• ABOUT THIS TASK:
Nothing but the lines from the start of the records below through the line that has "tcp_state = state;" should appear, each exactly as given.

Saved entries

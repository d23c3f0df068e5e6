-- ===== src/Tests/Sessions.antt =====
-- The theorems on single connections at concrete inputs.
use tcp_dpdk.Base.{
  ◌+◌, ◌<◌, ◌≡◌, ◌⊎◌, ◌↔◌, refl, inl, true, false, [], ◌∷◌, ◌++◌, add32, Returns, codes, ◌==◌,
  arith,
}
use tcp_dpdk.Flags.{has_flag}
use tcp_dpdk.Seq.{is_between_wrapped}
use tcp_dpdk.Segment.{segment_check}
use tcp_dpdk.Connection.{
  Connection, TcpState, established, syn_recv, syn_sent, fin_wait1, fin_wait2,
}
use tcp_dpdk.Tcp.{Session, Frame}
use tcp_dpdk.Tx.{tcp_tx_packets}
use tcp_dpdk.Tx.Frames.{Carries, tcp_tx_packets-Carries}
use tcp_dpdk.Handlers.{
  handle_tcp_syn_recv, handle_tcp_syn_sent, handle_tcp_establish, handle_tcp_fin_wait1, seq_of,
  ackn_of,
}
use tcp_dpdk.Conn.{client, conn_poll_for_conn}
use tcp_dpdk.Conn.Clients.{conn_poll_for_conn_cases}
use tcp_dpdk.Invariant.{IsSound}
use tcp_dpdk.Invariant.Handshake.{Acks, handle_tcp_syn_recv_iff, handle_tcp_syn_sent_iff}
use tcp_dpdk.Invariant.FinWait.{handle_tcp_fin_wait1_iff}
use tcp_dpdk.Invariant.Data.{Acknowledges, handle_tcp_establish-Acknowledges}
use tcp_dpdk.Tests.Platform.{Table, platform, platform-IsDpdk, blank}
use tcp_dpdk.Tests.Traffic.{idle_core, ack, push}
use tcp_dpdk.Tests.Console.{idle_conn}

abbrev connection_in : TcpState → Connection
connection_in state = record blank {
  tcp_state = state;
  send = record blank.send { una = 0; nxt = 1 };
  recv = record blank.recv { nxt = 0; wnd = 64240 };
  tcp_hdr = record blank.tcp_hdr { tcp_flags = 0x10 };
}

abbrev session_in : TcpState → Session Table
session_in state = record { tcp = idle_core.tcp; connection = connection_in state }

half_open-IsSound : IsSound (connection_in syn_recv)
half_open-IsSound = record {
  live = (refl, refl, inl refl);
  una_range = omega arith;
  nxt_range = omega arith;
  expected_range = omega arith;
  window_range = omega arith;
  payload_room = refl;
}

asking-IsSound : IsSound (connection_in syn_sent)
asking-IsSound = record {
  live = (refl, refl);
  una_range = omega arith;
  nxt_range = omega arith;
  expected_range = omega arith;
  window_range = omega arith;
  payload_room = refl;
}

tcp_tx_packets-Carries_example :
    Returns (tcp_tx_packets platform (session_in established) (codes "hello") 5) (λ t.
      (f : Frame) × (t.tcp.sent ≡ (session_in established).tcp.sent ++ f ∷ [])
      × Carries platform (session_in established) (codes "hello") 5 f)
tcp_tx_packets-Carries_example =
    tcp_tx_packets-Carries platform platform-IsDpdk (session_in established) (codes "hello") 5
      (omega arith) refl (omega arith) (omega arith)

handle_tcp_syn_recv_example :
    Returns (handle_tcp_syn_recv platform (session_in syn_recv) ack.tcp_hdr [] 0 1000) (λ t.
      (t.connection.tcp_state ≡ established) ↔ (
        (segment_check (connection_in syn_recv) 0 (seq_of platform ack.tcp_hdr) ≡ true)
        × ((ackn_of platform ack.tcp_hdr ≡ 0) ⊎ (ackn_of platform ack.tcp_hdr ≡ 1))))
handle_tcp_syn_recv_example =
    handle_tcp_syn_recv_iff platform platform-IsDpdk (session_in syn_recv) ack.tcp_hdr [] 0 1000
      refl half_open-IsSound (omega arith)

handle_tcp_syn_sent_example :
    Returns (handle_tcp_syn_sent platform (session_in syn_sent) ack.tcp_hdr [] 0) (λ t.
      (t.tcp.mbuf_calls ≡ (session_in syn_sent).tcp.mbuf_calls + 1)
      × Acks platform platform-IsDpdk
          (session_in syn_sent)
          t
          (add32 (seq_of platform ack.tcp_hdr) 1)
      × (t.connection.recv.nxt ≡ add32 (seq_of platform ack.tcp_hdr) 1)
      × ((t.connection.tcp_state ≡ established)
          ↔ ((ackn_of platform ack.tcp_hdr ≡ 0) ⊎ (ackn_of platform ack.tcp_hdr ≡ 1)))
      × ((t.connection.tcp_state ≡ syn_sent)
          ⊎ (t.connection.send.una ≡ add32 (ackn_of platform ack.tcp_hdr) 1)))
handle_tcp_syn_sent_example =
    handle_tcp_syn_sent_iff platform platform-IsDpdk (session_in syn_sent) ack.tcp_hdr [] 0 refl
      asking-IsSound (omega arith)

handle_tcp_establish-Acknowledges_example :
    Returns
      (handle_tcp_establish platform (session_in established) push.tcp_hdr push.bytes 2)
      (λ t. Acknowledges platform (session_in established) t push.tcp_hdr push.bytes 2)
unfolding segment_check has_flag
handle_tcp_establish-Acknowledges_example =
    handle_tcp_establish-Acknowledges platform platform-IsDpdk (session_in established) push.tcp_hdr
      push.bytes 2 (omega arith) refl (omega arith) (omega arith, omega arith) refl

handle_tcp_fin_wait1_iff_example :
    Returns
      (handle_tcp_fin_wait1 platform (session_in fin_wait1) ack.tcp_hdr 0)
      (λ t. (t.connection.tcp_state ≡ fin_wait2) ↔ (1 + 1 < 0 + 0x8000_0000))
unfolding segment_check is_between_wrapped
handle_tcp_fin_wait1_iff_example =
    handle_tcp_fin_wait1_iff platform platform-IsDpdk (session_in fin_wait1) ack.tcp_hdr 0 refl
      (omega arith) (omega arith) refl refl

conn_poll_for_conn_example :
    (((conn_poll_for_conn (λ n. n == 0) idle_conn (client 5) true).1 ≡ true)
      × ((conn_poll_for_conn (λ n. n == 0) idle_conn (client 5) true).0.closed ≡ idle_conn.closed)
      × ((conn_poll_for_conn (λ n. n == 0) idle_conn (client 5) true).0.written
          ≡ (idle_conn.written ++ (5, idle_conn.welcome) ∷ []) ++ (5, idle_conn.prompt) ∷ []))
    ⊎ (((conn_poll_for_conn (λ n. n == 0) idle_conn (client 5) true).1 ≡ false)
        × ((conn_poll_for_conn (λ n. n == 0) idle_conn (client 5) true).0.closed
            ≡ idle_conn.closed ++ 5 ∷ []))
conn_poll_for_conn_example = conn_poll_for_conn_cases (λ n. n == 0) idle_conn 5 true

• ANSWER SPACE:
repository d23c3f0df068e5e6
-- ===== src/Tests/Sessions.antt =====
-- The theorems on single connections at concrete inputs.
use tcp_dpdk.Base.{
  ◌+◌, ◌<◌, ◌≡◌, ◌⊎◌, ◌↔◌, refl, inl, true, false, [], ◌∷◌, ◌++◌, add32, Returns, codes, ◌==◌,
  arith,
}
use tcp_dpdk.Flags.{has_flag}
use tcp_dpdk.Seq.{is_between_wrapped}
use tcp_dpdk.Segment.{segment_check}
use tcp_dpdk.Connection.{
  Connection, TcpState, established, syn_recv, syn_sent, fin_wait1, fin_wait2,
}
use tcp_dpdk.Tcp.{Session, Frame}
use tcp_dpdk.Tx.{tcp_tx_packets}
use tcp_dpdk.Tx.Frames.{Carries, tcp_tx_packets-Carries}
use tcp_dpdk.Handlers.{
  handle_tcp_syn_recv, handle_tcp_syn_sent, handle_tcp_establish, handle_tcp_fin_wait1, seq_of,
  ackn_of,
}
use tcp_dpdk.Conn.{client, conn_poll_for_conn}
use tcp_dpdk.Conn.Clients.{conn_poll_for_conn_cases}
use tcp_dpdk.Invariant.{IsSound}
use tcp_dpdk.Invariant.Handshake.{Acks, handle_tcp_syn_recv_iff, handle_tcp_syn_sent_iff}
use tcp_dpdk.Invariant.FinWait.{handle_tcp_fin_wait1_iff}
use tcp_dpdk.Invariant.Data.{Acknowledges, handle_tcp_establish-Acknowledges}
use tcp_dpdk.Tests.Platform.{Table, platform, platform-IsDpdk, blank}
use tcp_dpdk.Tests.Traffic.{idle_core, ack, push}
use tcp_dpdk.Tests.Console.{idle_conn}

abbrev connection_in : TcpState → Connection
connection_in state = record blank {
  tcp_state = state;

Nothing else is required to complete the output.